### Extracted material:
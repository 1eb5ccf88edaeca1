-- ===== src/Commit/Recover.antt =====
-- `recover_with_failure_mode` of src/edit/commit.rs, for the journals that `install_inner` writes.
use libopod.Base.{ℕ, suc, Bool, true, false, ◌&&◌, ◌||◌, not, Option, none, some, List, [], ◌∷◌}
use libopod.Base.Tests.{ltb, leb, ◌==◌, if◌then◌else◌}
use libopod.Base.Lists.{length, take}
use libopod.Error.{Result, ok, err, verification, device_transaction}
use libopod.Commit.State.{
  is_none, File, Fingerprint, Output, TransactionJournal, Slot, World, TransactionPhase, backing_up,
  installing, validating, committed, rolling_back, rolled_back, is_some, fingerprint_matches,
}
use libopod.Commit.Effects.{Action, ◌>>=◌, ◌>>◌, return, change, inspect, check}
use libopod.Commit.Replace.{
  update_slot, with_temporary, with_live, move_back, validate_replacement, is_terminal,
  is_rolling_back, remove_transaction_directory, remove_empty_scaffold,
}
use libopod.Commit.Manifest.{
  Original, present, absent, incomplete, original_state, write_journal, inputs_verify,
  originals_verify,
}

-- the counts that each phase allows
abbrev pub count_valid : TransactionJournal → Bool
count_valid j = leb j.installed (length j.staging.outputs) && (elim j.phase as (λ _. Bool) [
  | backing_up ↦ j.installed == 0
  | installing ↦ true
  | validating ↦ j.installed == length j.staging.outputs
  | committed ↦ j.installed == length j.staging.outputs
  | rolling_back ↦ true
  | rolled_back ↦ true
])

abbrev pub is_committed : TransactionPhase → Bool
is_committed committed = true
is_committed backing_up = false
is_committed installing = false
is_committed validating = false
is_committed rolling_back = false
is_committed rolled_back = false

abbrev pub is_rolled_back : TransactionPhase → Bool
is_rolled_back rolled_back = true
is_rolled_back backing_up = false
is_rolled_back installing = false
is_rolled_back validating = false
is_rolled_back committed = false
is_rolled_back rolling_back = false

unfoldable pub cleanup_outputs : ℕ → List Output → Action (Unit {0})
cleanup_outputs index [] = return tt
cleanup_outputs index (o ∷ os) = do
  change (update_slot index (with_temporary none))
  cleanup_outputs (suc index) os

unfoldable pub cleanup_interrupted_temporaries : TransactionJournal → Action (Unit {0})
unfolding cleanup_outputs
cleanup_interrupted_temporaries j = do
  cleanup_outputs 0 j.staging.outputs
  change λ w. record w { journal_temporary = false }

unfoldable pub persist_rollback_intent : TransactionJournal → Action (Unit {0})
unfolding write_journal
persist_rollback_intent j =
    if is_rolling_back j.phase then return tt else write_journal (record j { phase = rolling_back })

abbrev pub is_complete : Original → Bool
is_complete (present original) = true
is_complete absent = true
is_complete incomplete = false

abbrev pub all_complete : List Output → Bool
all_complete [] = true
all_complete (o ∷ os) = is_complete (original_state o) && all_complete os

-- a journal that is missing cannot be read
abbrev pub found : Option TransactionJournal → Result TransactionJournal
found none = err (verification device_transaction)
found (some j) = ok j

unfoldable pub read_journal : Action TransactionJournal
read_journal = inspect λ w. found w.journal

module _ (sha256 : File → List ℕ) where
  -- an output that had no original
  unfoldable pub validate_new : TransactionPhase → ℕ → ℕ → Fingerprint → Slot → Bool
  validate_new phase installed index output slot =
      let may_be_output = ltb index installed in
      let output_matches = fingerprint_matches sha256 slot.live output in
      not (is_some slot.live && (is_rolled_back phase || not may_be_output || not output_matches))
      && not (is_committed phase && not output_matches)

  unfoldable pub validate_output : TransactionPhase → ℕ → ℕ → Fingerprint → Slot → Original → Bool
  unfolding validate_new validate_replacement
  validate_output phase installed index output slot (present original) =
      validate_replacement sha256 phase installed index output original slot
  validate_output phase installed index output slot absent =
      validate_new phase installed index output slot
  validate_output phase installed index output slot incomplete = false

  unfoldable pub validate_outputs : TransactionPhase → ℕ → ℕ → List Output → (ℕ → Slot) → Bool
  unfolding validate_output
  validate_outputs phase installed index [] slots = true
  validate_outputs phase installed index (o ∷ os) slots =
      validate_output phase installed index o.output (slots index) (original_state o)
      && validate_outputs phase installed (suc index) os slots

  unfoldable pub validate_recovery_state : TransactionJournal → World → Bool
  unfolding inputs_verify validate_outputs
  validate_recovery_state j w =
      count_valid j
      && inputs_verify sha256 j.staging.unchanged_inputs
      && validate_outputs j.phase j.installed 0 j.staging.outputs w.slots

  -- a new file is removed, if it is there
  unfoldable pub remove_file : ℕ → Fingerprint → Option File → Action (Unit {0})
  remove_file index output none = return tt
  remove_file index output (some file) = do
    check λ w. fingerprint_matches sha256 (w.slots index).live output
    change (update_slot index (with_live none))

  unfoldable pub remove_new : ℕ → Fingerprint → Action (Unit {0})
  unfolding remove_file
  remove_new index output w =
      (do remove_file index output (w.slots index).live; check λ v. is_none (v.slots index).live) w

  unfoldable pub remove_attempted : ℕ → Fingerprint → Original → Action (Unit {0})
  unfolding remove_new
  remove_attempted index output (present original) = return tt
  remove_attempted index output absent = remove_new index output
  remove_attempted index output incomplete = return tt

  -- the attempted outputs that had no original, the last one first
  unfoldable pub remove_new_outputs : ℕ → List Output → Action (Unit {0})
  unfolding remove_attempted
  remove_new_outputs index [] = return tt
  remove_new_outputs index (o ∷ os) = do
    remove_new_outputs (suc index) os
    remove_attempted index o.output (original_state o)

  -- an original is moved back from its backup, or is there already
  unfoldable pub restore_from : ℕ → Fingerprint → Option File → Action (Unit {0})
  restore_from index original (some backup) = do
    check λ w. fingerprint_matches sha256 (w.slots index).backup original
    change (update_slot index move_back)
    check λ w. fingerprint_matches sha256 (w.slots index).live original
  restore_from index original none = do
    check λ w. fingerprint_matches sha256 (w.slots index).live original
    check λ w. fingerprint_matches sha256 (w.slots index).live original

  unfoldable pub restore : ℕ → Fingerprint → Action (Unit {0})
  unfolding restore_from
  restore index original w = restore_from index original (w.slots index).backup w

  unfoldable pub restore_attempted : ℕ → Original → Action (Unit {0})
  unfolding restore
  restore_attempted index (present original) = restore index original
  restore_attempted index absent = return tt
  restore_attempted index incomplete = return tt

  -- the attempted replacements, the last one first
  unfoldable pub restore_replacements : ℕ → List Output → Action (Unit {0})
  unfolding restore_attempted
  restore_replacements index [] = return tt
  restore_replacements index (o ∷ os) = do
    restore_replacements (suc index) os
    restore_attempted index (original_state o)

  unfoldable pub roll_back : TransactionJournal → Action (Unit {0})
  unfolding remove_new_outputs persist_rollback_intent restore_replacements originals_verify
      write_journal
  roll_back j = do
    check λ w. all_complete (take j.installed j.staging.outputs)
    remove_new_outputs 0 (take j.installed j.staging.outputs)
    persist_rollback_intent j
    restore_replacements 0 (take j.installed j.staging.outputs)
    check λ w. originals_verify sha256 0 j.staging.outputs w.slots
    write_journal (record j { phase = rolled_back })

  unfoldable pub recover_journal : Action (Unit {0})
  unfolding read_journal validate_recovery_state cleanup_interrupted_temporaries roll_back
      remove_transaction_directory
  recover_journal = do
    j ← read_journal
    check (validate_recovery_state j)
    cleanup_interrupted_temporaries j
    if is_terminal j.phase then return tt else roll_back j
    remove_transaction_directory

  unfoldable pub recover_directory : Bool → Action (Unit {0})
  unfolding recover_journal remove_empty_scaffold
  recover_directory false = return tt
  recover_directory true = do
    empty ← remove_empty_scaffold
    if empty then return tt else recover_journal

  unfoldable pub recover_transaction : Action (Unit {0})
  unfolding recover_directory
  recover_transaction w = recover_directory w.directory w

### Problem:
What lines of the material above include "first"? Copy each one.

### Response for this exercise:
  -- the attempted outputs that had no original, the last one first
  -- the attempted replacements, the last one first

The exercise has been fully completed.